#### EXERCISE BRIEF
In the reply, include exactly the lines of the entries below from the first to the line with "flatten [] = []", that line included.

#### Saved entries
------------------------------------------------
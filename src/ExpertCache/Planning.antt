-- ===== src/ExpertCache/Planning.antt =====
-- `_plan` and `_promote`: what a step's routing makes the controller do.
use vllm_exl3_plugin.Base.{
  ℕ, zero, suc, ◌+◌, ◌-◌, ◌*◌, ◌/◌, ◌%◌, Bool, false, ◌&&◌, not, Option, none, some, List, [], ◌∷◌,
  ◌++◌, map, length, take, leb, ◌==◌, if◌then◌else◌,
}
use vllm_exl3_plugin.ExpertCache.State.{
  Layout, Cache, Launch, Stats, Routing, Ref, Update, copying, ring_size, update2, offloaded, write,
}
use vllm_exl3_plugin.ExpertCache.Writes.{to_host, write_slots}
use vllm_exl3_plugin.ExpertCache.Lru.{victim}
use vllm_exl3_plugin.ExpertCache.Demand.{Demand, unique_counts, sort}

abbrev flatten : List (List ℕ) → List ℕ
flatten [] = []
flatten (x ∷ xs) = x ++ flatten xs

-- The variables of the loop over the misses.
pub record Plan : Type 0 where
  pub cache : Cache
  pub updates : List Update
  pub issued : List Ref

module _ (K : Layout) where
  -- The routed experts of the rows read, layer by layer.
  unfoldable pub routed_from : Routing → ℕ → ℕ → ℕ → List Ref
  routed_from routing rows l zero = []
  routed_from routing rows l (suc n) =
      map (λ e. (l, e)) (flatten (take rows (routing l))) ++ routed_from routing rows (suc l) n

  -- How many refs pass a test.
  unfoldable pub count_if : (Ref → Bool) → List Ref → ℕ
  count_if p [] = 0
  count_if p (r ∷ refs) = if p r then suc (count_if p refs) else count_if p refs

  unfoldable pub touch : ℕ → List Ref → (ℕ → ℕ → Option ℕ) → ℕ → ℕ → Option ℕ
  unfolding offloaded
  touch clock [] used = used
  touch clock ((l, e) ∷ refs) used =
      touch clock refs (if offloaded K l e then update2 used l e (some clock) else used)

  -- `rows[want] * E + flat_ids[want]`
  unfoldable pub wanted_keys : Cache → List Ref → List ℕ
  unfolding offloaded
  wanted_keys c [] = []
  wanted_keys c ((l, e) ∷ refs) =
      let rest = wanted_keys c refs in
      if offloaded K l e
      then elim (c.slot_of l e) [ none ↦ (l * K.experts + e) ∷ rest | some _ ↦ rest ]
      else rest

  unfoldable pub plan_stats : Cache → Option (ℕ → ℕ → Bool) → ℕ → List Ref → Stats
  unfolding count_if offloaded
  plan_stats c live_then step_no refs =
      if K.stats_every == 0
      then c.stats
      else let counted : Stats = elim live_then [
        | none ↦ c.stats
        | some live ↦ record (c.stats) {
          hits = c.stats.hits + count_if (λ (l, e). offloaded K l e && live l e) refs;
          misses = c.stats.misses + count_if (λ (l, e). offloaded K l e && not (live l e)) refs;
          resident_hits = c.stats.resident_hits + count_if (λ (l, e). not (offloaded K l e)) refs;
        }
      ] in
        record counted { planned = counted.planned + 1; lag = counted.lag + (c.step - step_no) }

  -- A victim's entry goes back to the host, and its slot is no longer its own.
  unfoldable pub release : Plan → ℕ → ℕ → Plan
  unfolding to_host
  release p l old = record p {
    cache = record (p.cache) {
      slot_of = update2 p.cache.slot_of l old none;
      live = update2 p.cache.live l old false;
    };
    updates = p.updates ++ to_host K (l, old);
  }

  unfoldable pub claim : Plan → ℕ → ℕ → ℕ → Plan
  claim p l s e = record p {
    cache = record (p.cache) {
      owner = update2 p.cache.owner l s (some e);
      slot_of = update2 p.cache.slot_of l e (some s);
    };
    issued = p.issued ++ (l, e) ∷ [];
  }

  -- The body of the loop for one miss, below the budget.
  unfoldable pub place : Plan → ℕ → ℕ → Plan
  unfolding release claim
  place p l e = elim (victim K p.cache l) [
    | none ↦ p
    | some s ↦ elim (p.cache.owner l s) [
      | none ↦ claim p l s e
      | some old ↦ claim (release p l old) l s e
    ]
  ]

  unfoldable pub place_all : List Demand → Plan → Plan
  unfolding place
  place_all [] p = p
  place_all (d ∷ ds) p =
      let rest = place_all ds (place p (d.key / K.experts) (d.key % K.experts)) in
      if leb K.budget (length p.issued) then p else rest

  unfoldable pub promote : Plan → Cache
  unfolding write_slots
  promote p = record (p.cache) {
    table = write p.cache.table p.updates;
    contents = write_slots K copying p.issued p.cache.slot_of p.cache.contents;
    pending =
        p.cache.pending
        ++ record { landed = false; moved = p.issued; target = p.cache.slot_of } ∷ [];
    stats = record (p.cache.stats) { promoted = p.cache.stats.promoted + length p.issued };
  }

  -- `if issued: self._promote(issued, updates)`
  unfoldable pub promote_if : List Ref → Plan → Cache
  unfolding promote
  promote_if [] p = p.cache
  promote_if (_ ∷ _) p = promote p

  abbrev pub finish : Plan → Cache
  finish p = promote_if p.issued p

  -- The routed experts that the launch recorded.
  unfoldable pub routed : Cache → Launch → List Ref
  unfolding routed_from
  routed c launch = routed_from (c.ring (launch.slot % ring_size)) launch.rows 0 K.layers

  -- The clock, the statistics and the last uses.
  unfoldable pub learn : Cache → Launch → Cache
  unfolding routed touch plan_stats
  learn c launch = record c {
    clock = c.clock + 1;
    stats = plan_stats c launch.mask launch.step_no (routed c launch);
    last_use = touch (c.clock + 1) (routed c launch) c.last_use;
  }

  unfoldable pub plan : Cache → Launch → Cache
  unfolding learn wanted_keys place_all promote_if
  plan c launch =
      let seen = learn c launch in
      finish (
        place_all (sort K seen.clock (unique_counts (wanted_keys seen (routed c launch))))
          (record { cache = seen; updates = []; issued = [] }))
------------------------------------------------
#### FINISHED EXERCISE
filename src/ExpertCache/Planning.antt
-- ===== src/ExpertCache/Planning.antt =====
-- `_plan` and `_promote`: what a step's routing makes the controller do.
use vllm_exl3_plugin.Base.{
  ℕ, zero, suc, ◌+◌, ◌-◌, ◌*◌, ◌/◌, ◌%◌, Bool, false, ◌&&◌, not, Option, none, some, List, [], ◌∷◌,
  ◌++◌, map, length, take, leb, ◌==◌, if◌then◌else◌,
}
use vllm_exl3_plugin.ExpertCache.State.{
  Layout, Cache, Launch, Stats, Routing, Ref, Update, copying, ring_size, update2, offloaded, write,
}
use vllm_exl3_plugin.ExpertCache.Writes.{to_host, write_slots}
use vllm_exl3_plugin.ExpertCache.Lru.{victim}
use vllm_exl3_plugin.ExpertCache.Demand.{Demand, unique_counts, sort}

abbrev flatten : List (List ℕ) → List ℕ
flatten [] = []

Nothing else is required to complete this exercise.